End of EV Euphoria Triggers $65bn Hit for Carmakers
The global automotive industry is facing a significant downturn, with a $65bn hit triggered by the end of EV euphoria. This decline is expected to have a modest direct impact on national GDPs, but secondary effects such as supply-chain disruptions, reduced tax receipts, and job losses could amplify the economic pain.
Key Statistics
- The $65bn loss could lead to a 0.3-0.8% decline in national GDP for countries heavily invested in EV manufacturing, including the United States, China, and Germany.
- The automotive sector employs approximately 3% of the global workforce, and a 1% contraction in sector output could translate into around 300,000 jobs lost worldwide.
- China’s dominance in battery cell production, with around 70% of global capacity in 2024, means a slowdown could reverberate through raw-material exporters and downstream manufacturers.
Country-Specific Impacts
- The United States could see a 0.3% impact on GDP, with Tesla’s US sales estimated to have dropped 17% in January 2026.
- China could experience a 0.5% impact on GDP, with the country representing around 60% of global EV sales in 2024.
- Germany and the EU could see a 0.8% impact on GDP, with the region being a core auto hub.
Conclusion
The end of EV euphoria has significant implications for the global automotive industry and economies heavily invested in EV manufacturing.

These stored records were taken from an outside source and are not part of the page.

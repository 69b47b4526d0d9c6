-- ===== src/GarbageCollection/Collected.antt =====
-- What a collection frees, and what it keeps.
use yakushima.Common.{
  ℕ, zero, suc, ◌≤◌, ◌<◌, ◌≡◌, refl, ap, true, false, List, [], ◌∷◌, ◌++◌, length, All, Option,
  some, Bool-cases, inl, inr, ◌==◌, leb, if◌then◌else◌, arith,
}
use yakushima.GarbageCollection.{
  ConcurrentQueue, Elem, Container, Freed, also_freed, no_target, gc_node_loop, gc_node,
  gc_value_loop, gc_value, fin_loop, fin,
}

module _ {A : Type 0} (Q : ConcurrentQueue (Elem A)) where
  -- Everything that a container holds, the oldest first.
  unfoldable pub held : Container Q → List (Elem A)
  held c = if c.cache.1 == 0 then Q.contents c.queue else c.cache ∷ Q.contents c.queue

  -- The oldest object is not older than the epoch for the collection.
  unfoldable pub IsDone : ℕ → List (Elem A) → Type 0
  IsDone gc_epoch [] = Unit
  IsDone gc_epoch (x ∷ xs) = gc_epoch ≤ x.0

  -- No address is null.
  abbrev pub HasTargets : List (Elem A) → Type 0
  HasTargets = All (λ (x : Elem A). (x.1 == 0) ≡ false)

  -- What was held is what is freed and then what is kept; only objects of earlier epochs are
  -- freed, and the collection stops only at one that has to stay.
  pub record Collected (gc_epoch : ℕ) (before : List (Elem A)) (result : Option (Freed Q))
      : Type 0 where
    pub freed : List (Elem A)
    pub left : Container Q
    pub returns : result ≡ some (freed, left)
    pub whole : freed ++ held left ≡ before
    pub old : All (λ (x : Elem A). x.0 < gc_epoch) freed
    pub done : IsDone gc_epoch (held left)

  Collected-also :
      (gc_epoch : ℕ) (x : Elem A) {before : List (Elem A)} {result : Option (Freed Q)}
      → x.0 < gc_epoch
      → Collected gc_epoch before result
      → Collected gc_epoch (x ∷ before) (also_freed Q x result)
  Collected-also gc_epoch x h r = record {
    freed = x ∷ r.freed;
    left = r.left;
    returns = ap (also_freed Q x) r.returns;
    whole = ap (λ xs. x ∷ xs) r.whole;
    old = (h, r.old);
    done = r.done;
  }

  gc_node_loop-Collected :
      (fuel gc_epoch : ℕ) (cache : Elem A) (q : Q.Queue) (before : List (Elem A))
      → (cache.1 == 0) ≡ true
      → Q.contents q ≡ before
      → HasTargets before
      → length before < fuel
      → Collected gc_epoch before (gc_node_loop Q fuel gc_epoch cache q)
  unfolding gc_node_loop held IsDone
  gc_node_loop-Collected zero gc_epoch cache q before none_cached e h enough = absurd (omega arith)
  gc_node_loop-Collected (suc fuel) gc_epoch cache q [] none_cached e h enough = record {
    freed = [];
    left = record { cache = cache; queue = q };
    returns = rw (gc_node_loop, Q.empty-contents q e) refl;
    whole = rw none_cached e;
    old = tt;
    done = rw (none_cached, e) tt;
  }
  gc_node_loop-Collected (suc fuel) gc_epoch cache q (x ∷ before) none_cached e h enough =
      let (filled, q', popped, rest) = Q.try_pop-contents q x before e in
      elim (Bool-cases (leb gc_epoch x.0)) [
        | inl young ↦ record {
          freed = [];
          left = record { cache = x; queue = q' };
          returns = rw (gc_node_loop, filled, popped, young) refl;
          whole = rw (h.0, rest) refl;
          old = tt;
          done = rw h.0 (ground arith);
        }
        | inr older ↦
            rw (gc_node_loop, filled, popped, older)
              (Collected-also gc_epoch x (ground arith) (
                gc_node_loop-Collected fuel gc_epoch cache q' before none_cached rest h.1
                  (omega arith)))
      ]

  gc_value_loop-Collected :
      (fuel gc_epoch : ℕ) (cache : Elem A) (q : Q.Queue) (before : List (Elem A))
      → (cache.1 == 0) ≡ true
      → Q.contents q ≡ before
      → HasTargets before
      → length before < fuel
      → Collected gc_epoch before (gc_value_loop Q fuel gc_epoch cache q)
  unfolding gc_value_loop held IsDone
  gc_value_loop-Collected zero gc_epoch cache q before none_cached e h enough = absurd (omega arith)
  gc_value_loop-Collected (suc fuel) gc_epoch cache q [] none_cached e h enough = record {
    freed = [];
    left = record { cache = cache; queue = q };
    returns = rw (gc_value_loop, Q.empty-contents q e) refl;
    whole = rw none_cached e;
    old = tt;
    done = rw (none_cached, e) tt;
  }
  gc_value_loop-Collected (suc fuel) gc_epoch cache q (x ∷ before) none_cached e h enough =
      let (filled, q', popped, rest) = Q.try_pop-contents q x before e in
      elim (Bool-cases (leb gc_epoch x.0)) [
        | inl young ↦ record {
          freed = [];
          left = record { cache = x; queue = q' };
          returns = rw (gc_value_loop, filled, popped, young) refl;
          whole = rw (h.0, rest) refl;
          old = tt;
          done = rw h.0 (ground arith);
        }
        | inr older ↦
            rw (gc_value_loop, filled, popped, older)
              (Collected-also gc_epoch x (ground arith) (
                gc_value_loop-Collected fuel gc_epoch cache q' before none_cached rest h.1
                  (omega arith)))
      ]

  -- With fuel for all that the queue holds, and no null address in it, `gc_node` frees the oldest
  -- nodes, in order, up to the
  -- first one whose epoch is not before the epoch for the collection: none of those that it frees
  -- is as young as that epoch, and no node is lost, kept behind its turn or freed twice.
  pub gc_node-Collected :
      (fuel gc_epoch : ℕ) (c : Container Q)
      → HasTargets (Q.contents c.queue)
      → length (Q.contents c.queue) < fuel
      → Collected gc_epoch (held c) (gc_node Q fuel gc_epoch c)
  unfolding gc_node held IsDone
  gc_node-Collected fuel gc_epoch c h enough = elim (Bool-cases (c.cache.1 == 0)) [
    | inl free ↦ rw free (gc_node_loop-Collected fuel gc_epoch c.cache c.queue _ free refl h enough)
    | inr cached ↦ elim (Bool-cases (leb gc_epoch c.cache.0)) [
      | inl young ↦
          rw (cached, young)
            record {
              freed = [];
              left = c;
              returns = refl;
              whole = rw cached refl;
              old = tt;
              done = rw cached (ground arith);
            }
      | inr older ↦
          rw (cached, older)
            (Collected-also gc_epoch c.cache (ground arith) (
              gc_node_loop-Collected fuel gc_epoch (no_target Q c.cache) c.queue _ refl refl h
                enough))
    ]
  ]

  -- With fuel for all that the queue holds, and no null address in it, `gc_value` frees the oldest
  -- values, in order, up to the first one whose epoch is not before the epoch for the collection,
  -- and keeps all others in order.
  pub gc_value-Collected :
      (fuel gc_epoch : ℕ) (c : Container Q)
      → HasTargets (Q.contents c.queue)
      → length (Q.contents c.queue) < fuel
      → Collected gc_epoch (held c) (gc_value Q fuel gc_epoch c)
  unfolding gc_value held IsDone
  gc_value-Collected fuel gc_epoch c h enough = elim (Bool-cases (c.cache.1 == 0)) [
    | inl free ↦
        rw free (gc_value_loop-Collected fuel gc_epoch c.cache c.queue _ free refl h enough)
    | inr cached ↦ elim (Bool-cases (leb gc_epoch c.cache.0)) [
      | inl young ↦
          rw (cached, young)
            record {
              freed = [];
              left = c;
              returns = refl;
              whole = rw cached refl;
              old = tt;
              done = rw cached (ground arith);
            }
      | inr older ↦
          rw (cached, older)
            (Collected-also gc_epoch c.cache (ground arith) (
              gc_value_loop-Collected fuel gc_epoch (no_target Q c.cache) c.queue _ refl refl h
                enough))
    ]
  ]

  -- All that was held is freed, the oldest first, and nothing is left.
  pub record Finished (before : List (Elem A)) (result : Option (Freed Q)) : Type 0 where
    pub left : Container Q
    pub returns : result ≡ some (before, left)
    pub nothing : held left ≡ []

  fin_loop-Finished :
      (fuel : ℕ) (cache : Elem A) (q : Q.Queue) (before : List (Elem A))
      → (cache.1 == 0) ≡ true
      → Q.contents q ≡ before
      → length before < fuel
      → Finished before (fin_loop Q fuel cache q)
  unfolding fin_loop held
  fin_loop-Finished zero cache q before none_cached e enough = absurd (omega arith)
  fin_loop-Finished (suc fuel) cache q [] none_cached e enough = record {
    left = record { cache = cache; queue = q };
    returns = rw (fin_loop, Q.empty-contents q e) refl;
    nothing = rw none_cached e;
  }
  fin_loop-Finished (suc fuel) cache q (x ∷ before) none_cached e enough =
      let (filled, q', popped, rest) = Q.try_pop-contents q x before e in
      let r = fin_loop-Finished fuel cache q' before none_cached rest (omega arith) in
      record {
        left = r.left;
        returns = rw (fin_loop, filled, popped) (ap (also_freed Q x) r.returns);
        nothing = r.nothing;
      }

  -- With fuel for all that the queue holds, `fin` frees all that a container holds, the object in the cache first, and leaves it empty.
  pub fin-Finished :
      (fuel : ℕ) (c : Container Q)
      → length (Q.contents c.queue) < fuel
      → Finished (held c) (fin Q fuel c)
  unfolding fin held
  fin-Finished fuel c enough = elim (Bool-cases (c.cache.1 == 0)) [
    | inl free ↦ rw free (fin_loop-Finished fuel c.cache c.queue _ free refl enough)
    | inr cached ↦
        let r = fin_loop-Finished fuel (no_target Q c.cache) c.queue _ refl refl enough in
        rw cached record {
          left = r.left;
          returns = ap (also_freed Q c.cache) r.returns;
          nothing = r.nothing;
        }
  ]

While the direct impact on GDP may be modest, secondary effects could lead to amplified economic pain, highlighting the need for policymakers to carefully consider the potential consequences of their decisions.
Sources
- End of EV euphoria triggers $65bn hit for carmakers – Financial Times
- Tesla (TSLA) US sales estimated to have dropped 17% in January – Electrek (13 Feb 2026)
- Global EV Outlook 2025 – IEA, “Trends in electric car markets” (2025)
- What the Global Electric Vehicle Market Signals for US Automakers – Columbia Energy Policy (2026)
- National GDP & automotive-sector shares: Statista, World Bank, OECD (2024 data)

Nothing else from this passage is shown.